## TASK DETAILS
Reproduce the records below exactly, but only between the lines holding "get_or_create-manager_step k (provider, model, failure_call" and "get_or_create-manager_replay threshold cooldown k []", inclusive.

Saved data entries:

·····

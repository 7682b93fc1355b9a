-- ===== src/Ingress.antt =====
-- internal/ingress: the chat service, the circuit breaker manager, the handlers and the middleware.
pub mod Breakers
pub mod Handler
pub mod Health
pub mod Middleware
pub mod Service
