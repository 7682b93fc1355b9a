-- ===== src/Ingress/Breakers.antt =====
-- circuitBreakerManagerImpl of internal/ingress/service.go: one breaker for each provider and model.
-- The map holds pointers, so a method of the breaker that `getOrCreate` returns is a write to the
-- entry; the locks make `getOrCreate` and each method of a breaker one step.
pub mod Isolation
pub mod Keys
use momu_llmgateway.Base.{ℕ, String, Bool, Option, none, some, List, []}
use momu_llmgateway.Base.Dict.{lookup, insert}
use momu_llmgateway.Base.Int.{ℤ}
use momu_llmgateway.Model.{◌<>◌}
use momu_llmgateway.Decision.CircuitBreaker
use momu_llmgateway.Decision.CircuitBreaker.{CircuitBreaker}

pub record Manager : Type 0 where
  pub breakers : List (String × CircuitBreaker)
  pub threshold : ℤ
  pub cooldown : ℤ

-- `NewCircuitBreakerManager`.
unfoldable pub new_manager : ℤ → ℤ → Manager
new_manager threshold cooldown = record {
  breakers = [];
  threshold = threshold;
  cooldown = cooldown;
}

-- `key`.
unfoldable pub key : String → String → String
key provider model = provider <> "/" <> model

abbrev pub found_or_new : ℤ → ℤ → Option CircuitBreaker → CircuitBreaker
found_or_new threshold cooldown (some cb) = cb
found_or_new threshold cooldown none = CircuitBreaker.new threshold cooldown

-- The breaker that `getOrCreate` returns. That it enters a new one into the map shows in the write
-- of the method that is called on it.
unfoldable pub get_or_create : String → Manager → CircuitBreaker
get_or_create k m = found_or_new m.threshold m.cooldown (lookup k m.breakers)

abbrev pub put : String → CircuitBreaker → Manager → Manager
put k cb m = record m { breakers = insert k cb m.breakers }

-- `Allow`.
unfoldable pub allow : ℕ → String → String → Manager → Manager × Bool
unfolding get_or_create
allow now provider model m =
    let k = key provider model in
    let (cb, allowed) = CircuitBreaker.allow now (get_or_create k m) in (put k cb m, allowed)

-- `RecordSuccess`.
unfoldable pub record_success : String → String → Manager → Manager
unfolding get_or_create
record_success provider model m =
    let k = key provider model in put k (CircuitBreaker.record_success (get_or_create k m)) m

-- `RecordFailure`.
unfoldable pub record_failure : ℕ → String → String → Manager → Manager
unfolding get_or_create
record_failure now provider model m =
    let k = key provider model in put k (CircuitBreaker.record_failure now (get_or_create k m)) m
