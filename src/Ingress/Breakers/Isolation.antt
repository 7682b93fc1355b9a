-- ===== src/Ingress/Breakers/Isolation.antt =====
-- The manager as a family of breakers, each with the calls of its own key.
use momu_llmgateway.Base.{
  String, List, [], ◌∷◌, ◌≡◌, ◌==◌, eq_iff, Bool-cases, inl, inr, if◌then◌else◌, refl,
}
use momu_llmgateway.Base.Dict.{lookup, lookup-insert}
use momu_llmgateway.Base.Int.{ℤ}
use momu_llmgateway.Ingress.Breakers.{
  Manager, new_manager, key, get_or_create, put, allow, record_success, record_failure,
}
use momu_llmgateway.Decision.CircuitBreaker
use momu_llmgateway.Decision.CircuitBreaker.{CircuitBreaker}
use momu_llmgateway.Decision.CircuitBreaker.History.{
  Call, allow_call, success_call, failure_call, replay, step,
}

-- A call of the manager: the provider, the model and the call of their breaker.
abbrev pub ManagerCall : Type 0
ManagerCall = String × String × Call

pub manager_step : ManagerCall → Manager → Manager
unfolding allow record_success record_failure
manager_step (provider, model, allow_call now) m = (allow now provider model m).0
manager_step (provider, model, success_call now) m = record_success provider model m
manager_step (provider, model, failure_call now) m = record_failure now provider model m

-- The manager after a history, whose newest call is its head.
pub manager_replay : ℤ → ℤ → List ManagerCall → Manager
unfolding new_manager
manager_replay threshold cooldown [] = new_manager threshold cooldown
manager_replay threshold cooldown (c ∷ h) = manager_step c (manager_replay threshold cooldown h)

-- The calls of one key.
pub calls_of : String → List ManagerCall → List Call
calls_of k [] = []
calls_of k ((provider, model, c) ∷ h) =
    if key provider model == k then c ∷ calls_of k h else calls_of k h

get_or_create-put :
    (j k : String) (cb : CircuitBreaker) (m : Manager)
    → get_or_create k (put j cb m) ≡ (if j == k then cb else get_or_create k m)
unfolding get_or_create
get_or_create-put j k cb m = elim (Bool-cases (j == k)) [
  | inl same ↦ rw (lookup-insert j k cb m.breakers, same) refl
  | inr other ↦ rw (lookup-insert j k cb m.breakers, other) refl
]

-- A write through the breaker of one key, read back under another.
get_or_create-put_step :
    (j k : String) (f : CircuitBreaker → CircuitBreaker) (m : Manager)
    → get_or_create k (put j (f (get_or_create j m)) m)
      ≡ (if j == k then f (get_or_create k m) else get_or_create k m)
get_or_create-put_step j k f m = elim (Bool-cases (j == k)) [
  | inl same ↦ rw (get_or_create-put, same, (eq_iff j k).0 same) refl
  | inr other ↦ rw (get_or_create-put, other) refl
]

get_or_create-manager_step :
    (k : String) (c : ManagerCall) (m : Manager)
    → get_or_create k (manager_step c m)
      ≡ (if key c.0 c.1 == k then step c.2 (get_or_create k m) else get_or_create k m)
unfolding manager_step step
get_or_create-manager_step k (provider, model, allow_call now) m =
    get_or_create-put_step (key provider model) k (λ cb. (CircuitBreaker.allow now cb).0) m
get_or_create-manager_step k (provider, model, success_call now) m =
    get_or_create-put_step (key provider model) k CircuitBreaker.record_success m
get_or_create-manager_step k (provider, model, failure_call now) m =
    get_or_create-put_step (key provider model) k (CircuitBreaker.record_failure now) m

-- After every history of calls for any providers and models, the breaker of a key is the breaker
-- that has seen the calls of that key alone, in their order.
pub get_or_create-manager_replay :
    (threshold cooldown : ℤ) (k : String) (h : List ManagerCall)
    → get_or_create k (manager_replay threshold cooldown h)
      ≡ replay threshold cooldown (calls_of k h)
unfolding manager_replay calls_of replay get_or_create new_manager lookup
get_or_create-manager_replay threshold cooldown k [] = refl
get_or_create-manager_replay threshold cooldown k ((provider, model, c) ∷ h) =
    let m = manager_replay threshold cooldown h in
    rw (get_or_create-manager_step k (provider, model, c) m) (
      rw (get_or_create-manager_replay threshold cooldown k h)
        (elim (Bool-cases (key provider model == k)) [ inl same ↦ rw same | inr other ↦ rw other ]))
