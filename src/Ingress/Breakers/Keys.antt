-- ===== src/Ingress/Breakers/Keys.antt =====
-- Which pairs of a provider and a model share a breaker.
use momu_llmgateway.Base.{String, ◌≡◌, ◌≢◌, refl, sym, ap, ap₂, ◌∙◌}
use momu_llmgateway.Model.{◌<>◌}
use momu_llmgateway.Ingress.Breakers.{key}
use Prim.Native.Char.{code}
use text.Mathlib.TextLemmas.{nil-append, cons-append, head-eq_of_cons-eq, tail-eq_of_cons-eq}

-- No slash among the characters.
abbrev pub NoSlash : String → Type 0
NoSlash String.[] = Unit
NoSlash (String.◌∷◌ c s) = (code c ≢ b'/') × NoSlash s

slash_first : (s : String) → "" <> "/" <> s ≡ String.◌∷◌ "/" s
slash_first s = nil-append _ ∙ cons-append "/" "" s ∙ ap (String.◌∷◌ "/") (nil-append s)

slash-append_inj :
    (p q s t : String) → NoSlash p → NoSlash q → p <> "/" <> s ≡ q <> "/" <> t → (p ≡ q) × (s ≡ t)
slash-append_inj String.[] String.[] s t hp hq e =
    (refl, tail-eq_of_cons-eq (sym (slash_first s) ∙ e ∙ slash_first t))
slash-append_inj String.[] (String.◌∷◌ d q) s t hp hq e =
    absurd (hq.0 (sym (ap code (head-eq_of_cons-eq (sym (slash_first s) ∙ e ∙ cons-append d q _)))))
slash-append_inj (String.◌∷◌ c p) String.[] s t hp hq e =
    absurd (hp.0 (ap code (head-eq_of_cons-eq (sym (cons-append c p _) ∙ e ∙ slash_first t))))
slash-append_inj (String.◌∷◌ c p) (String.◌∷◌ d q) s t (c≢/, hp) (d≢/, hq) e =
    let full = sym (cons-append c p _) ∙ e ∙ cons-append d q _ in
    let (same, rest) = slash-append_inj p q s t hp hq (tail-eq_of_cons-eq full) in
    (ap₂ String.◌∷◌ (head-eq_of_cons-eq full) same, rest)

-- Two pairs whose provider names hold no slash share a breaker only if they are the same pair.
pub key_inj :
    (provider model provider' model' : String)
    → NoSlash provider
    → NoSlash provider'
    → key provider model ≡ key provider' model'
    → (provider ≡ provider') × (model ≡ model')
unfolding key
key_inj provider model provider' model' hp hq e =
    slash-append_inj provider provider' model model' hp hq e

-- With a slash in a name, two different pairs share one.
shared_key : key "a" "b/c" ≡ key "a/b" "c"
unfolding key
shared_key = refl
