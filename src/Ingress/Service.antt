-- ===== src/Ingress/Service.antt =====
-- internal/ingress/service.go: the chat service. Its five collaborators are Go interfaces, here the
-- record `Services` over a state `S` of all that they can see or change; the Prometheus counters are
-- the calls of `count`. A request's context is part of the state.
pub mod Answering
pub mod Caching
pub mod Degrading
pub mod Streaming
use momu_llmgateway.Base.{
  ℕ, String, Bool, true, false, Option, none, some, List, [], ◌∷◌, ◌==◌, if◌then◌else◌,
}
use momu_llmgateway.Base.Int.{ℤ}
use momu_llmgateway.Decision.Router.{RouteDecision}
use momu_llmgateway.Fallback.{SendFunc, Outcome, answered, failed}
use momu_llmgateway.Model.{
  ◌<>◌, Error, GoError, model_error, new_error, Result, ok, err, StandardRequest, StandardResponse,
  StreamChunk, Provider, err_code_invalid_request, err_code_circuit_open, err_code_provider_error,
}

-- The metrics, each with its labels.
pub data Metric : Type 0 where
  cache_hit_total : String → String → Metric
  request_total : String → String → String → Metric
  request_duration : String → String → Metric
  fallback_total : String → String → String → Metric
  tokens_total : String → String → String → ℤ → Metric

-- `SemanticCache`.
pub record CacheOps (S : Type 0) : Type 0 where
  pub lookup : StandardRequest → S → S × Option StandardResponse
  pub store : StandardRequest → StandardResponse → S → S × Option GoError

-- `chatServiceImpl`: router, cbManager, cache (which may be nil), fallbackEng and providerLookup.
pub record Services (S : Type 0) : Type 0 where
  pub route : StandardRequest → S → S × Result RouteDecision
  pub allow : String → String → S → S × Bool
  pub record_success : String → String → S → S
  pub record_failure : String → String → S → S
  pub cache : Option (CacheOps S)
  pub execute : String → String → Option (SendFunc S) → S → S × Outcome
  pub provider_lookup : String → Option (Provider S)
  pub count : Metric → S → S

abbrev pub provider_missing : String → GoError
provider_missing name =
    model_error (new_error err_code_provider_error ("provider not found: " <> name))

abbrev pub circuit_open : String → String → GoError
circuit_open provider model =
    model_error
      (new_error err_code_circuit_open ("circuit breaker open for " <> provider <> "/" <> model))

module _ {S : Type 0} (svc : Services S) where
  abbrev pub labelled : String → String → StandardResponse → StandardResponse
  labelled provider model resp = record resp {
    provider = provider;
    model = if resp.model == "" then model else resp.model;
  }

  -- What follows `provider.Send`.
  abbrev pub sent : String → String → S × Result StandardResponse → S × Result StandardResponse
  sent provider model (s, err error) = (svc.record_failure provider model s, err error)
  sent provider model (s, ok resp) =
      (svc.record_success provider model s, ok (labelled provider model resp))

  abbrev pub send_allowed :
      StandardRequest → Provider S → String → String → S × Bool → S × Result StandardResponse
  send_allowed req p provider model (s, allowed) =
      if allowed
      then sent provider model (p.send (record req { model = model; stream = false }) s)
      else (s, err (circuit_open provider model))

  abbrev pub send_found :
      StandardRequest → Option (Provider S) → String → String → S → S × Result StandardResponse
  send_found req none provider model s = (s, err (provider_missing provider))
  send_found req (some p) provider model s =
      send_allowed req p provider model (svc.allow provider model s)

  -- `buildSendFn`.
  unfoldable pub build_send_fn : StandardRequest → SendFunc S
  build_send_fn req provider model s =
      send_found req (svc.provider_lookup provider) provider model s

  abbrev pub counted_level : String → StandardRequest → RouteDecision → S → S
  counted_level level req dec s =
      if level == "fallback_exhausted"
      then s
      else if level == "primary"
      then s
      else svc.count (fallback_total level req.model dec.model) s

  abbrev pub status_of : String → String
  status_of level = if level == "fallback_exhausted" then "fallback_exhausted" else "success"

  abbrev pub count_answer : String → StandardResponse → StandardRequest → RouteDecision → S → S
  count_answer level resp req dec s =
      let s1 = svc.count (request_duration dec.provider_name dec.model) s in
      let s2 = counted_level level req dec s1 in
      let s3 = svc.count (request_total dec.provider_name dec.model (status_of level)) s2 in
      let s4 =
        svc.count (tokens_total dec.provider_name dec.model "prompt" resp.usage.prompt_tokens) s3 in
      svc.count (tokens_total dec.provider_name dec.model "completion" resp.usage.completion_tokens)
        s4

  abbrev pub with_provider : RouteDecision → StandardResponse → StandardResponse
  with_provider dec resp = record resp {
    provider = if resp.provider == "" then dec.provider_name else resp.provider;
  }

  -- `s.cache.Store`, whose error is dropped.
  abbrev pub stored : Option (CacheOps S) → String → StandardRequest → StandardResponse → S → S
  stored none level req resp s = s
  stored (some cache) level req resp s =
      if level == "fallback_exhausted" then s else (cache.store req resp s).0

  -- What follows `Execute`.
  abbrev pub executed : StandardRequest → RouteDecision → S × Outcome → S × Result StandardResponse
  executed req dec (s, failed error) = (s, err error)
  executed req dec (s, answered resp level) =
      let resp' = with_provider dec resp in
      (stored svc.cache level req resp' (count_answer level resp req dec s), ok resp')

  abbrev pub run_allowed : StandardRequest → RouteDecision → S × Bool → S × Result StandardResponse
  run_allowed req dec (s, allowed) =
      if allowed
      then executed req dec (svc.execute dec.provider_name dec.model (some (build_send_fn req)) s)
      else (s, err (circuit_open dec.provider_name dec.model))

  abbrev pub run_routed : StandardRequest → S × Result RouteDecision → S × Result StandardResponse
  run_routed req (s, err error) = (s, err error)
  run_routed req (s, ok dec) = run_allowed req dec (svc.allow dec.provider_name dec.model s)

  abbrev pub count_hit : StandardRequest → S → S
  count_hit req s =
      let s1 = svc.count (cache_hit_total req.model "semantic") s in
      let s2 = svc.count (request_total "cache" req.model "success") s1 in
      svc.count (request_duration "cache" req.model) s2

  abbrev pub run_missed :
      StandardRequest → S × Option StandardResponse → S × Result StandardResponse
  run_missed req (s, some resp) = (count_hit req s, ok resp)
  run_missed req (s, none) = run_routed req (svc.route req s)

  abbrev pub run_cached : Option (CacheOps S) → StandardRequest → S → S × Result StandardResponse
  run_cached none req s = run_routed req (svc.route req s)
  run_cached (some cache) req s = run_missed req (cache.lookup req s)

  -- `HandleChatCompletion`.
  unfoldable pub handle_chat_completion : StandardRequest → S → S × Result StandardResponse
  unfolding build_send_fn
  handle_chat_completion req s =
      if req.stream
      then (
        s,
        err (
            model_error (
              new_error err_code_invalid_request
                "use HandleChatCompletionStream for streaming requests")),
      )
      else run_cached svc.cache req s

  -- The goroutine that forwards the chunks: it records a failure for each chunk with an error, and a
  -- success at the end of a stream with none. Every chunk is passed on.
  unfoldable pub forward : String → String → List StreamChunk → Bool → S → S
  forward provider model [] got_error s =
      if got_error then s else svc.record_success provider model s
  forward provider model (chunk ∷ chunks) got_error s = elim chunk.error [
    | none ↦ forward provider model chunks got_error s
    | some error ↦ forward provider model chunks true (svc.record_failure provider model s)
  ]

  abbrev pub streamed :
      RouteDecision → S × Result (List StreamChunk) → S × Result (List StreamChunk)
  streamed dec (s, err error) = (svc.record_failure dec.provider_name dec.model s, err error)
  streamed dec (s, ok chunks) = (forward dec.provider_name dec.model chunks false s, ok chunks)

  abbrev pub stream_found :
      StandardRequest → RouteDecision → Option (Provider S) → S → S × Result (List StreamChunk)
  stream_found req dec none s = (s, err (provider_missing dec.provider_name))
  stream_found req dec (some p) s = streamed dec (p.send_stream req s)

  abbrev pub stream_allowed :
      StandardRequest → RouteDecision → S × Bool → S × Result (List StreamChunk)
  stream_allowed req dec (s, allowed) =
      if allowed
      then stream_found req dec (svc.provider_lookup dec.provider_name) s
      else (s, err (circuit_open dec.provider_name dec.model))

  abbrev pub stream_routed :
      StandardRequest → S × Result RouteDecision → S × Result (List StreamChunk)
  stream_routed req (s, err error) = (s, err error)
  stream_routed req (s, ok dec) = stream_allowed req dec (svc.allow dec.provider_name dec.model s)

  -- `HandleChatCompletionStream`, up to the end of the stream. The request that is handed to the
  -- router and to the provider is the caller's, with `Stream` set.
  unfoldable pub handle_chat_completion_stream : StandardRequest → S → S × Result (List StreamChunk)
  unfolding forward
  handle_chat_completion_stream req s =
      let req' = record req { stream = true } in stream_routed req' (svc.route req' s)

·····

## EXERCISE RESULT
get_or_create-manager_step k (provider, model, failure_call now) m =
    get_or_create-put_step (key provider model) k (CircuitBreaker.record_failure now) m

-- After every history of calls for any providers and models, the breaker of a key is the breaker
-- that has seen the calls of that key alone, in their order.
pub get_or_create-manager_replay :
    (threshold cooldown : ℤ) (k : String) (h : List ManagerCall)
    → get_or_create k (manager_replay threshold cooldown h)
      ≡ replay threshold cooldown (calls_of k h)
unfolding manager_replay calls_of replay get_or_create new_manager lookup
get_or_create-manager_replay threshold cooldown k [] = refl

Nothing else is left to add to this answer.